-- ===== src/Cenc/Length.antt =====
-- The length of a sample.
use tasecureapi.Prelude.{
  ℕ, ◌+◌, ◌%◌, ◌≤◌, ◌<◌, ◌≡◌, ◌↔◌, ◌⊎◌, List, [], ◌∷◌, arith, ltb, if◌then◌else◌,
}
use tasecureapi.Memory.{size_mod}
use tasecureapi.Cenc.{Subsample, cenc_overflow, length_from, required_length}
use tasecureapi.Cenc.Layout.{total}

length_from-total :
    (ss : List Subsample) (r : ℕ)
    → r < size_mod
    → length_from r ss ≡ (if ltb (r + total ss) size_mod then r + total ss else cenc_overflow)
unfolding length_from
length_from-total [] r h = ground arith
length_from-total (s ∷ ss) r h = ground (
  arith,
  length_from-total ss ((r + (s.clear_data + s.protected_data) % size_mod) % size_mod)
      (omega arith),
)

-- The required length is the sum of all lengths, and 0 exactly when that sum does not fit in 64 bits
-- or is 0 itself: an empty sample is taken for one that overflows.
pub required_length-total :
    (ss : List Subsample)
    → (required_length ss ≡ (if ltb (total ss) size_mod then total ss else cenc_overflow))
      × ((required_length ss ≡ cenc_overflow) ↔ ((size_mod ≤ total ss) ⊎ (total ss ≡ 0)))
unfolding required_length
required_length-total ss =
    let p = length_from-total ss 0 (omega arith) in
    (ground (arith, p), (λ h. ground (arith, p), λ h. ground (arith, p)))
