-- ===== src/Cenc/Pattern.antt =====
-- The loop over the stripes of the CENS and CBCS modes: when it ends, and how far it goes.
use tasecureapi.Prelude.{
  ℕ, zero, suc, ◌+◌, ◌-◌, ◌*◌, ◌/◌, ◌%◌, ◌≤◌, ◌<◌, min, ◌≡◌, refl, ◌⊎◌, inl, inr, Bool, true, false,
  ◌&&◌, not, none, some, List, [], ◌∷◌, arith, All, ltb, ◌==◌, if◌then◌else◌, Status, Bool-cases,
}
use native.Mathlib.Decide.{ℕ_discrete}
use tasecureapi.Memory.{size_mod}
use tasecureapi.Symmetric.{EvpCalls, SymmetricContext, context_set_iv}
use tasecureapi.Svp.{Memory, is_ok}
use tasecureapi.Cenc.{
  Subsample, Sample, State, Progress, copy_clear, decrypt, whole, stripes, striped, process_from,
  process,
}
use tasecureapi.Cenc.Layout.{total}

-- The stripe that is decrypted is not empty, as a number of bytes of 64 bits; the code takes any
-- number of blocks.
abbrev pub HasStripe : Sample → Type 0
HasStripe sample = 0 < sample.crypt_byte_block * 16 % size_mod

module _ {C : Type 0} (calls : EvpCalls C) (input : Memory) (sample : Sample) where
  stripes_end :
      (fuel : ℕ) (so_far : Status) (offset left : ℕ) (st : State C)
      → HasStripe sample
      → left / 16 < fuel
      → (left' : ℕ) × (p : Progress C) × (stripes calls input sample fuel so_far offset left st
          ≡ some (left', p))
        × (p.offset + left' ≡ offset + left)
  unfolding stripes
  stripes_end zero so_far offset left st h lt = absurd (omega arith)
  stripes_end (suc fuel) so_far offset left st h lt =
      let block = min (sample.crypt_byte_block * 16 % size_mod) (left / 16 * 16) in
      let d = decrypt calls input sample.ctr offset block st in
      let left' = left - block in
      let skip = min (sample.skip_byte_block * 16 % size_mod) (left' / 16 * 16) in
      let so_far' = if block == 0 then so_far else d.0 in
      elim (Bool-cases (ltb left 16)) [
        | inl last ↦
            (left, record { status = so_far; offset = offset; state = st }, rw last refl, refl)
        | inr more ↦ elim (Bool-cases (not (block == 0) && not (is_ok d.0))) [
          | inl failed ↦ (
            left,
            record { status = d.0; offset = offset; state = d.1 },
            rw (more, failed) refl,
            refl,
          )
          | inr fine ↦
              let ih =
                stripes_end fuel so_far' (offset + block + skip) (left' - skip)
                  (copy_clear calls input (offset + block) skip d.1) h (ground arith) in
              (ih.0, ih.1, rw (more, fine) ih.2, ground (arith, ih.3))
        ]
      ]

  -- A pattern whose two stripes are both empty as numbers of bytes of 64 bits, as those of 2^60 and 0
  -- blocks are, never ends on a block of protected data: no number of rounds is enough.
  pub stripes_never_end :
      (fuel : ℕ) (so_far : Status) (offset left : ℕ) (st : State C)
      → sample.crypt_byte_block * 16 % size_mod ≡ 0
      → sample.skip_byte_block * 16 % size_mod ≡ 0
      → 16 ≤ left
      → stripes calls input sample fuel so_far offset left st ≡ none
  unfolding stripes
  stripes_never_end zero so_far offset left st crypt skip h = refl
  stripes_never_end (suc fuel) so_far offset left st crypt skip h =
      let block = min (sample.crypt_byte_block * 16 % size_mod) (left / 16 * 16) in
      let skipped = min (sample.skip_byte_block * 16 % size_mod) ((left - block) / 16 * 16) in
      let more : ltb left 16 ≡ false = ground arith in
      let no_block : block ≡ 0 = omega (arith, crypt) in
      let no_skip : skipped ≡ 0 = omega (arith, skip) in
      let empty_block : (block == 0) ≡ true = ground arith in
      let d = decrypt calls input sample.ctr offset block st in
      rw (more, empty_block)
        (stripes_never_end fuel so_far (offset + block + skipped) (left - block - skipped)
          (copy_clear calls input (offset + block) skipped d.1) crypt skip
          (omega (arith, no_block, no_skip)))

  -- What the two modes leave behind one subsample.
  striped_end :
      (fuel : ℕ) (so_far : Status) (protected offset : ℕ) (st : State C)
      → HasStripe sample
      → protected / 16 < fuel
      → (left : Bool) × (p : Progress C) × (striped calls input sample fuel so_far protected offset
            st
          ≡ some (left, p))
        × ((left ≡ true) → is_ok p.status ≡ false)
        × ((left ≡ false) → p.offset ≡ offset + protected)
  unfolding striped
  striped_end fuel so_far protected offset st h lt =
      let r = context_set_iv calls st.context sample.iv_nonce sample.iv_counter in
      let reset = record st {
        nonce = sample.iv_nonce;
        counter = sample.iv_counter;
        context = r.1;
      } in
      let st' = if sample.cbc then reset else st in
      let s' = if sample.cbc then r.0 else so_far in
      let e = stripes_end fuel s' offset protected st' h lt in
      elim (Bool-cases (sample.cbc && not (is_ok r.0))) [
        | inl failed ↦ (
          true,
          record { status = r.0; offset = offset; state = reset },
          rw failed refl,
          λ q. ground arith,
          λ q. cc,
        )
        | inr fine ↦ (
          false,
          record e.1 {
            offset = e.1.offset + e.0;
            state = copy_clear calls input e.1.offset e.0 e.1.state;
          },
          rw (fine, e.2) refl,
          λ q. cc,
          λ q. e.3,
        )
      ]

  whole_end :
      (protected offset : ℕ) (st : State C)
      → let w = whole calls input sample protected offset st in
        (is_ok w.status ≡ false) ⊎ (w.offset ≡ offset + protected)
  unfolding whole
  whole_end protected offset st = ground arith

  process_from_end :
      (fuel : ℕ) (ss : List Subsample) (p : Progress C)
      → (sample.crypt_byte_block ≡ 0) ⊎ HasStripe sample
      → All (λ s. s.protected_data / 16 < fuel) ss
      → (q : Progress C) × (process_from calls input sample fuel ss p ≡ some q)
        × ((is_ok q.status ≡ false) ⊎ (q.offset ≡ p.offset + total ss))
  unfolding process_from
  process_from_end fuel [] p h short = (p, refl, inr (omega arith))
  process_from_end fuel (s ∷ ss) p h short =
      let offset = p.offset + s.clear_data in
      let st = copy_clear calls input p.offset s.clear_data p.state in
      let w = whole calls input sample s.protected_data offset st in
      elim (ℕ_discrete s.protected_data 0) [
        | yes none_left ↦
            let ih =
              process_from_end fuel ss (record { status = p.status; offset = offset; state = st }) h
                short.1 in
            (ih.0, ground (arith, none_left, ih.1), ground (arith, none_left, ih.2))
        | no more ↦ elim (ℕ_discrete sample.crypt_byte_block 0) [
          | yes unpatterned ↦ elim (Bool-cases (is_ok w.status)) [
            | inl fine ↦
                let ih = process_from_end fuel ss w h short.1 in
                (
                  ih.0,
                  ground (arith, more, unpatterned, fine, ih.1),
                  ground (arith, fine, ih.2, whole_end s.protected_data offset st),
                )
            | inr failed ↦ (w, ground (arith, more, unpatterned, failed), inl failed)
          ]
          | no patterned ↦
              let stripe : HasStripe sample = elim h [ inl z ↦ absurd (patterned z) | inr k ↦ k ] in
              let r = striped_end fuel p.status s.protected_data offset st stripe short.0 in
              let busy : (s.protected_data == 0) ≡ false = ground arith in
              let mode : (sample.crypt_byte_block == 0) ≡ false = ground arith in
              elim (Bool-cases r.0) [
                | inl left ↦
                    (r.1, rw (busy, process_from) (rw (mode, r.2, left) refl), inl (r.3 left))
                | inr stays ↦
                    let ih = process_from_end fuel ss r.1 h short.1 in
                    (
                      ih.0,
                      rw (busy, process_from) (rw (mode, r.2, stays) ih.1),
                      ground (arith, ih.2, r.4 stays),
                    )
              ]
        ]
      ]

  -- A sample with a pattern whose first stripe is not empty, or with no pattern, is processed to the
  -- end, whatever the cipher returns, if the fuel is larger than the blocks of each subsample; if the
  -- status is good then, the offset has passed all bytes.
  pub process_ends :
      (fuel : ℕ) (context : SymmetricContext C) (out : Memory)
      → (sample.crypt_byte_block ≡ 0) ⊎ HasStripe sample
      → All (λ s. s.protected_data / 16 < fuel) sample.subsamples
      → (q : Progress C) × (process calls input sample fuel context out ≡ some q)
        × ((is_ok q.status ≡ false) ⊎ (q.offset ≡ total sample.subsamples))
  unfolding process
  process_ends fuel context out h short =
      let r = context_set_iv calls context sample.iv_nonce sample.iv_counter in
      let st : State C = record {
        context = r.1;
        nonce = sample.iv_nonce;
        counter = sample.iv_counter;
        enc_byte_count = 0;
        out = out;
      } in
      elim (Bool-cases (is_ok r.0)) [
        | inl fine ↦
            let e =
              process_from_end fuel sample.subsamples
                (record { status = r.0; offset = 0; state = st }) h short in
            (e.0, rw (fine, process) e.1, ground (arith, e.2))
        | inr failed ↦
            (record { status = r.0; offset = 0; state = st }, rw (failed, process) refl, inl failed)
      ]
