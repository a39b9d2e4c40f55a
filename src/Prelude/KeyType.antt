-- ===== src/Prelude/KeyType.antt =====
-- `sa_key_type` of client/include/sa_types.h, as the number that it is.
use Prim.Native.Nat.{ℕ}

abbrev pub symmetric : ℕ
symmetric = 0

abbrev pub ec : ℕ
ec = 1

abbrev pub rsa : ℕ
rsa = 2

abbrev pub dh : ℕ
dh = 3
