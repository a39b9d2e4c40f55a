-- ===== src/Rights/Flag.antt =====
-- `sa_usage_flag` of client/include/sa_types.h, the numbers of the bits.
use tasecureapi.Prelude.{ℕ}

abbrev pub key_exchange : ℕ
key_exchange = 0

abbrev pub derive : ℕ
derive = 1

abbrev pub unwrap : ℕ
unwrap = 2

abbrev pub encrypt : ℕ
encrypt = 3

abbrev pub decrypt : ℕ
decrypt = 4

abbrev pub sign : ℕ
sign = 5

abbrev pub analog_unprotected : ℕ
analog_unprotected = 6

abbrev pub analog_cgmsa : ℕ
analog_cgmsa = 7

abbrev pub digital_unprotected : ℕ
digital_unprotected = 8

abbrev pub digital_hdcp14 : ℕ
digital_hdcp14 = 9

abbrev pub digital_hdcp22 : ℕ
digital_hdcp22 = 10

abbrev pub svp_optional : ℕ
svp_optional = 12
┄┄┄┄┄┄┄┄┄┄┄┄┄┄┄┄┄┄┄┄
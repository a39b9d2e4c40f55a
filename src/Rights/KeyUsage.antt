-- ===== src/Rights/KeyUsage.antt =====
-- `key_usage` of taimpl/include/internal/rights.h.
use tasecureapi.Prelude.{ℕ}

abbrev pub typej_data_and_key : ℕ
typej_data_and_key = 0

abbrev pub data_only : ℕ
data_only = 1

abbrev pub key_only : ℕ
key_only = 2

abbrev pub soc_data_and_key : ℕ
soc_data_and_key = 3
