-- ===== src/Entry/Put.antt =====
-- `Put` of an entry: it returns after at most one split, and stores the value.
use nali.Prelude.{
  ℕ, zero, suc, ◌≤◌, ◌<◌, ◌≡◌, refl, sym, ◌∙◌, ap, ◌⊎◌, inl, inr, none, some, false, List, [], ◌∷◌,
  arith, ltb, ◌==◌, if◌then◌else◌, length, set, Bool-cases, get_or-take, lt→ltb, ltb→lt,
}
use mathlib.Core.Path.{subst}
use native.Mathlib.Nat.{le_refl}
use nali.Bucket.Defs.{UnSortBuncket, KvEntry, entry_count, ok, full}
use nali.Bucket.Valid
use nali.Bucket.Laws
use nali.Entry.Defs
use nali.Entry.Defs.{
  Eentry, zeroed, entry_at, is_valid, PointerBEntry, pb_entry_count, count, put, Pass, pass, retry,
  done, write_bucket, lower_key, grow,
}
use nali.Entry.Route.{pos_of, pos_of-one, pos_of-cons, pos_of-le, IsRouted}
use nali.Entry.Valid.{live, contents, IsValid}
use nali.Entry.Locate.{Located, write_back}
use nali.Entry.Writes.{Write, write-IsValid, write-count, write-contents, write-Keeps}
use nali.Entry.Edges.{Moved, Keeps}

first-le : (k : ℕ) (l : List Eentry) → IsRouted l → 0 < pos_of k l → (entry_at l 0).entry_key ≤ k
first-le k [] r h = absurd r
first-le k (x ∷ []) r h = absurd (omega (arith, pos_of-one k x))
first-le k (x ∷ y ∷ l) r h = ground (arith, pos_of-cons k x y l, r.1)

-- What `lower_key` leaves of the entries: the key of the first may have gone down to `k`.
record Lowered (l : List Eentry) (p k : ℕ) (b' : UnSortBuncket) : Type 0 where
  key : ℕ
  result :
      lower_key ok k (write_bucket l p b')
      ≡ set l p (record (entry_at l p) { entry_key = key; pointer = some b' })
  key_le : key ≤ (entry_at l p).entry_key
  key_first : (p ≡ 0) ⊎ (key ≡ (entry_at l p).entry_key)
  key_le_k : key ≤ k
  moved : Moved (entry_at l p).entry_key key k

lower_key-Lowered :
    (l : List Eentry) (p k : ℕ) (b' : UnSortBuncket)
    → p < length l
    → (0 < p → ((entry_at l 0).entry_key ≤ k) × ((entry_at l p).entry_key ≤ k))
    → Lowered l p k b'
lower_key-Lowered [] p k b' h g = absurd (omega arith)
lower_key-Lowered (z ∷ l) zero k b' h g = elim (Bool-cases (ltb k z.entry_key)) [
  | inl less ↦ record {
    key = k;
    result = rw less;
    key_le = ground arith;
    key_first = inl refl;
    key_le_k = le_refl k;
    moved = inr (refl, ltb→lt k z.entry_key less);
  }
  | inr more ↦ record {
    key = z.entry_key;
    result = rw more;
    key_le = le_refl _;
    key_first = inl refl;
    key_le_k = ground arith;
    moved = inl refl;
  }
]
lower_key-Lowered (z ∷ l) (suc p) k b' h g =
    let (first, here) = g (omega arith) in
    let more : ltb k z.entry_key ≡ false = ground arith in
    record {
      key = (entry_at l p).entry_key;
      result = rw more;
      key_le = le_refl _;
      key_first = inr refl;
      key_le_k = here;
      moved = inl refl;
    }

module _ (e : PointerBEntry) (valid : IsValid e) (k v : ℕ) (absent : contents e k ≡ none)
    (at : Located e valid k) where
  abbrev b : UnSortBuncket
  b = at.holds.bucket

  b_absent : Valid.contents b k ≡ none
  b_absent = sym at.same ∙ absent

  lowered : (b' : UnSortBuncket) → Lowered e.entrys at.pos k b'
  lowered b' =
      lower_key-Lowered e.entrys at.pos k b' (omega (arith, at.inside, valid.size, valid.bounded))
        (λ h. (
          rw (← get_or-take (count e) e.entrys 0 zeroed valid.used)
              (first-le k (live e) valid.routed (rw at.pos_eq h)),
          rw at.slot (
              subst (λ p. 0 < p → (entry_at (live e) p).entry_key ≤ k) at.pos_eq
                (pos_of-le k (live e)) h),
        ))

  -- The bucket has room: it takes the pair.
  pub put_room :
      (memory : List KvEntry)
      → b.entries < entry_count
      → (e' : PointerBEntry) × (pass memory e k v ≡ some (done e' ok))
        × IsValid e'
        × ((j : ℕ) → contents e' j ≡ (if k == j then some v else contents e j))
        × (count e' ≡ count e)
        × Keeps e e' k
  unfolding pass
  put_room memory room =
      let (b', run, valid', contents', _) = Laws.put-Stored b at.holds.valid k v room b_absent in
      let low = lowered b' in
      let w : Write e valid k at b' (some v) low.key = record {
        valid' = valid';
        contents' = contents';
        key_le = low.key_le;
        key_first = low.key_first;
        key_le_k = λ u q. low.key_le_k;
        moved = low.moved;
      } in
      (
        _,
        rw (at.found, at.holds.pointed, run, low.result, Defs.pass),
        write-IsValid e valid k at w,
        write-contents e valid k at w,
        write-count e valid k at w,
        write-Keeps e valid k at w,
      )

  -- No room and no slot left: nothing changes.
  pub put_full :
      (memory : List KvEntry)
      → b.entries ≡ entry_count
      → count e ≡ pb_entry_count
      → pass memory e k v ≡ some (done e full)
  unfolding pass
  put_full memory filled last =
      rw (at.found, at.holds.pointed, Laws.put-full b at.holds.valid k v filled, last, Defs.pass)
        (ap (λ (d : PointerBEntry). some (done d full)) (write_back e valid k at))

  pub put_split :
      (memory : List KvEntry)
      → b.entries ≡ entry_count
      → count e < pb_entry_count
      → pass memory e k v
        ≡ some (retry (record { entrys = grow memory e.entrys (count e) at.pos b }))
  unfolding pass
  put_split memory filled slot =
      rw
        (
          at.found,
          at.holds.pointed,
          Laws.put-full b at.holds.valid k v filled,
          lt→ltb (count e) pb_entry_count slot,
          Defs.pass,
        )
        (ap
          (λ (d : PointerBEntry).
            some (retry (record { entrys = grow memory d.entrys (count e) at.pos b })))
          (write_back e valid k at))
┄┄┄┄┄┄┄┄┄┄┄┄┄┄┄┄┄┄┄┄
Your answer should be the exact lines above from the one with "sample.skip_byte_block * 16 % size_mod ≡ 0" through the one with "protected / 16 < fuel", both included, and nothing besides.

      → sample.skip_byte_block * 16 % size_mod ≡ 0
      → 16 ≤ left
      → stripes calls input sample fuel so_far offset left st ≡ none
  unfolding stripes
  stripes_never_end zero so_far offset left st crypt skip h = refl
  stripes_never_end (suc fuel) so_far offset left st crypt skip h =
      let block = min (sample.crypt_byte_block * 16 % size_mod) (left / 16 * 16) in
      let skipped = min (sample.skip_byte_block * 16 % size_mod) ((left - block) / 16 * 16) in
      let more : ltb left 16 ≡ false = ground arith in
      let no_block : block ≡ 0 = omega (arith, crypt) in
      let no_skip : skipped ≡ 0 = omega (arith, skip) in
      let empty_block : (block == 0) ≡ true = ground arith in
      let d = decrypt calls input sample.ctr offset block st in
      rw (more, empty_block)
        (stripes_never_end fuel so_far (offset + block + skipped) (left - block - skipped)
          (copy_clear calls input (offset + block) skipped d.1) crypt skip
          (omega (arith, no_block, no_skip)))

  -- What the two modes leave behind one subsample.
  striped_end :
      (fuel : ℕ) (so_far : Status) (protected offset : ℕ) (st : State C)
      → HasStripe sample
      → protected / 16 < fuel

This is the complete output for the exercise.